= Ruarc mac Brain =

Ruarc mac Brain (died 862) was the fourth of ten Kings of Leinster to be inaugurated and based on Lyons Hill, Ardclough, County Kildare, a member of the Uí Dúnchada, one of three septs of the Uí Dúnlainge dynasty which rotated the kingship of Leinster between 750 and 1050, significant in County Kildare History.

One of two sons of Bran mac Fáeláin to be counted as king, the succession of kings in Leinster is difficult to follow in his time. The king lists have Ruarc succeed his father, and be followed by Lorcán mac Cellaig, and then Túathal mac Máele-Brigte and lastly Muirecán mac Diarmata, who died the year after Ruarc.

In 843 the Annals of Ulster record that Artacán mac Domnaill was "deceitfully killed" by Ruarc mac Brain, but no further identification or titles are given. Likewise in 846, when he fought alongside Máel Sechnaill mac Máele Ruanaid and was defeated by Tigernach mac Fócartai no titles are given. His obituary in the Annals of Ulster in 862 calls him only "king of Uí Dúnlainge". The Annals of the Four Masters add that he was killed by the Uí Néill, the leadership of which passed in theory from Máel Sechnaill to Áed Findliath that same year at Máel Sechnaill's death, and perhaps in practice rather earlier.

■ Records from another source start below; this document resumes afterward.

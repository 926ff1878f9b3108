-- ===== src/Approvals/Examples.antt =====
-- The theorems on approvals at one request that two approvers decide.
use meeseek_collective.Common.{◌≡◌, refl, inl, some, none, List, [], ◌∷◌, true, String, string_dec}
use meeseek_collective.Common.Text.{trim_space}
use meeseek_collective.Common.Sets.{has_string, normalize, insert_sorted}
use meeseek_collective.Common.Rows.{find, insert, update, count, changed}
use meeseek_collective.Common.Result.{ok, err, Error}
use meeseek_collective.Domain.{ApprovalState}
use meeseek_collective.Approvals.Requests.{
  approve, CreateRequest, Request, Registry, request_key, validate_create, same_create,
  load_by_subject_digest, new_request, create_in_tx, same_digest, clean_ids,
}
use meeseek_collective.Approvals.Decisions.{
  find_decision, terminalize, conclude, record_decision, decide, consume_in_tx, Call, creates,
  decides, after, run,
}
use meeseek_collective.Approvals.Tally.{approved_by, tally}
use meeseek_collective.Approvals.Unanimity.{IsSound}
use meeseek_collective.Approvals.Grant.{run_unanimous}
use meeseek_collective.Approvals.Lifecycle.{run_terminal, run_unexpired, consume_once, create_again}

abbrev pub nothing : Registry
nothing = record { requests = []; decisions = [] }

abbrev request : CreateRequest
request = record {
  subject_kind = "EXTERNAL_OPERATION";
  subject = "op1";
  digest = "d";
  policy_decision = "p1";
  required = "bob" ∷ " ann " ∷ "bob" ∷ [];
  requested_by = "task";
  expires_at = 100;
}

abbrev calls : List Call
calls =
    creates "a1" 1 request
    ∷ decides 2 "a1" "ann" "d" approve
    ∷ decides 3 "a1" "bob" "d" approve
    ∷ []

abbrev granted_row : Request
granted_row = record {
  id = "a1";
  subject_kind = "EXTERNAL_OPERATION";
  subject = "op1";
  digest = "d";
  policy_decision = "p1";
  required = "ann" ∷ "bob" ∷ [];
  requested_by = "task";
  state = ApprovalState.approved;
  expires_at = 100;
  decided_at = some 3;
  approver = some "bob";
  action = some approve;
  created_at = 1;
}

pub nothing-IsSound : IsSound nothing
unfolding find count tally approved_by
nothing-IsSound = record {
  rows = λ i r e. absurd (cc);
  strangers = λ i e. record { uncounted = refl; untallied = untallied_nothing i };
}
  where
    untallied_nothing : (i : String) (xs : List String) → tally i [] xs ≡ 0
    untallied_nothing i [] = refl
    untallied_nothing i (x ∷ xs) = untallied_nothing i xs

run_row : find "a1" (run nothing calls).requests ≡ some granted_row
unfolding run after create_in_tx validate_create clean_ids normalize insert_sorted
    load_by_subject_digest new_request decide record_decision conclude terminalize find_decision
    has_string count changed find insert update same_digest string_dec trim_space
run_row = refl

run_unanimous_example : approved_by "a1" (run nothing calls).decisions "ann" ≡ true
unfolding has_string string_dec
run_unanimous_example =
    run_unanimous nothing calls "a1" granted_row "ann" nothing-IsSound run_row (inl refl) refl

abbrev refused : Registry
refused = record {
  requests = record granted_row { state = ApprovalState.rejected } ∷ [];
  decisions = [];
}

run_terminal_example :
    find "a1" (run refused calls).requests
    ≡ some (record granted_row { state = ApprovalState.rejected })
unfolding find string_dec
run_terminal_example =
    run_terminal refused calls "a1" (record granted_row { state = ApprovalState.rejected }) refl
      (inl refl)

abbrev lapsed : Registry
lapsed = record {
  requests = record granted_row { state = ApprovalState.expired } ∷ [];
  decisions = [];
}

run_unexpired_example :
    find "a1" lapsed.requests ≡ some (record granted_row { state = ApprovalState.expired })
unfolding run after create_in_tx validate_create clean_ids normalize insert_sorted
    load_by_subject_digest same_create decide consume_in_tx find insert update same_digest
    string_dec trim_space
run_unexpired_example =
    run_unexpired lapsed calls "a1" (record granted_row { state = ApprovalState.expired }) refl refl

abbrev usable : Registry
usable = record { requests = granted_row ∷ []; decisions = [] }

abbrev used : Registry
used = record {
  requests = record granted_row { state = ApprovalState.consumed } ∷ [];
  decisions = [];
}

consume_once_example : (e : Error) × (consume_in_tx 6 "a1" "d" (run used calls) ≡ err e)
unfolding consume_in_tx find changed count update same_digest string_dec trim_space
consume_once_example = consume_once 5 6 "a1" "d" "d" usable used calls refl

abbrev opened : Registry
opened = record {
  requests =
      record granted_row {
        state = ApprovalState.pending;
        decided_at = none;
        approver = none;
        action = none;
      }
      ∷ [];
  decisions = [];
}

create_again_example :
    create_in_tx "a2" 1 request opened
    ≡ ok (
      record granted_row {
        state = ApprovalState.pending;
        decided_at = none;
        approver = none;
        action = none;
      },
      opened,
    )
unfolding create_in_tx validate_create clean_ids normalize insert_sorted load_by_subject_digest
    new_request find insert string_dec trim_space
create_again_example = create_again "a1" "a2" 1 request nothing opened _ refl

Other entries in the Irish annals conflict with the regular succession shown in the king lists. In 848, when reporting one of the several defeats of Vikings that year, at Sciath Nechtain, near modern Castledermot, County Kildare, the Annals of Ulster say that the Leinstermen were led by Lorcán. In 854 Tuathal is called "king of Uí Dúnlainge" in the notice of his death and Muirecán is "king of Naas" in 863. Byrne suggests that the root of this apparent confusion lay in the fact that the Uí Dúnlainge kings exercised little real authority due to the aggressions of their western neighbour Cerball mac Dúnlainge, King of Osraige. Cerball, while unable to install himself as king of Leinster, was able to prevent any rival king exercising real power there.